Pick out each line of the records that includes the string "none", and copy it.

Stored items:
▬▬▬▬▬▬
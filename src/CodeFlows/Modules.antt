-- ===== src/CodeFlows/Modules.antt =====
-- application/code_flows.py: the modules that the outputs of a flow reach, and the counts by module.
pub mod Laws
use systemlens.Prelude.{
  ℕ, ◌+◌, Bool, true, false, ◌&&◌, not, Option, none, some, List, [], ◌∷◌, ◌++◌, if◌then◌else◌,
  ◌==◌, filter, map, dedup, length, Eq, pair_eq, option_eq,
}
use systemlens.Prelude.Dict.{Dict, group, push, values}
use systemlens.Text.{Text, text_eq, codes}
use systemlens.Text.Order.{sort, text_leb}
use systemlens.Models.{MessageEndpoint, serve, consume}
use systemlens.CodeFlows.{CodeFlow}
use systemlens.CodeFlows.Internal.{
  EndpointsById, by_id, is_input, is_output, is_internal_module_flow,
}
use systemlens.CodeFlows.Tree.{output_endpoints, target_role}

-- (system, topic, role)
abbrev pub TargetKey : Type 0
TargetKey = Text × (Text × Text)

-- A module that is there and not empty.
named_module : Option Text → Option Text
named_module none = none
named_module (some []) = none
named_module (some (c ∷ s)) = some (c ∷ s)

-- index[key].add(endpoint.module), over the endpoints with a module that serve or consume
unfoldable pub target_modules_index :
    Dict TargetKey (List Text) → List MessageEndpoint → Dict TargetKey (List Text)
unfolding named_module is_input
target_modules_index index [] = index
target_modules_index index (e ∷ es) =
    target_modules_index
      (elim (named_module e.in_module) [
        | none ↦ index
        | some m ↦ if is_input e then push index (e.system, (e.topic, e.role)) m else index
      ])
      es

reached : Dict TargetKey (List Text) → Text → List MessageEndpoint → List Text
unfolding target_role
reached index own [] = []
reached index own (e ∷ es) =
    filter (λ m. not (m == own)) (group index (e.system, (e.topic, target_role e.role)))
    ++ reached index own es

-- sorted({...})
unfoldable pub target_modules : CodeFlow → EndpointsById → Dict TargetKey (List Text) → List Text
unfolding reached
target_modules flow d index =
    sort text_leb (dedup (reached index flow.in_module (output_endpoints d flow)))

pub record ModuleCounts : Type 0 where
  pub internal_flows : ℕ
  pub inputs : ℕ
  pub outputs : ℕ

modules_of : List MessageEndpoint → List Text
modules_of [] = []
modules_of (e ∷ es) =
    let rest = modules_of es in elim e.in_module [ none ↦ rest | some m ↦ m ∷ rest ]

unfoldable pub module_names : List CodeFlow → List MessageEndpoint → List Text
unfolding modules_of
module_names flows endpoints =
    sort text_leb (dedup (modules_of endpoints ++ map (λ f. f.in_module) flows))

unfoldable pub counts_of : List CodeFlow → List MessageEndpoint → Text → ModuleCounts
counts_of flows endpoints name = record {
  internal_flows = length (filter (λ f. is_internal_module_flow f (by_id [] endpoints) name) flows);
  inputs = length (filter (λ e. e.in_module == some name && is_input e) endpoints);
  outputs = length (filter (λ e. e.in_module == some name && is_output e) endpoints);
}

total : List (Text × ModuleCounts) → ℕ
total [] = 0
total ((name, c) ∷ counts) = c.internal_flows + total counts

-- The counts of each module and the total of the internal flows.
unfoldable pub internal_flow_stats_by_module :
    List CodeFlow → List MessageEndpoint → Dict Text ModuleCounts × ℕ
unfolding total module_names counts_of
internal_flow_stats_by_module flows endpoints =
    let counts = map (λ m. (m, counts_of flows endpoints m)) (module_names flows endpoints) in
    (counts, total counts)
▬▬▬▬▬▬
Solution:
  ℕ, ◌+◌, Bool, true, false, ◌&&◌, not, Option, none, some, List, [], ◌∷◌, ◌++◌, if◌then◌else◌,
named_module none = none
named_module (some []) = none
        | none ↦ index
    let rest = modules_of es in elim e.in_module [ none ↦ rest | some m ↦ m ∷ rest ]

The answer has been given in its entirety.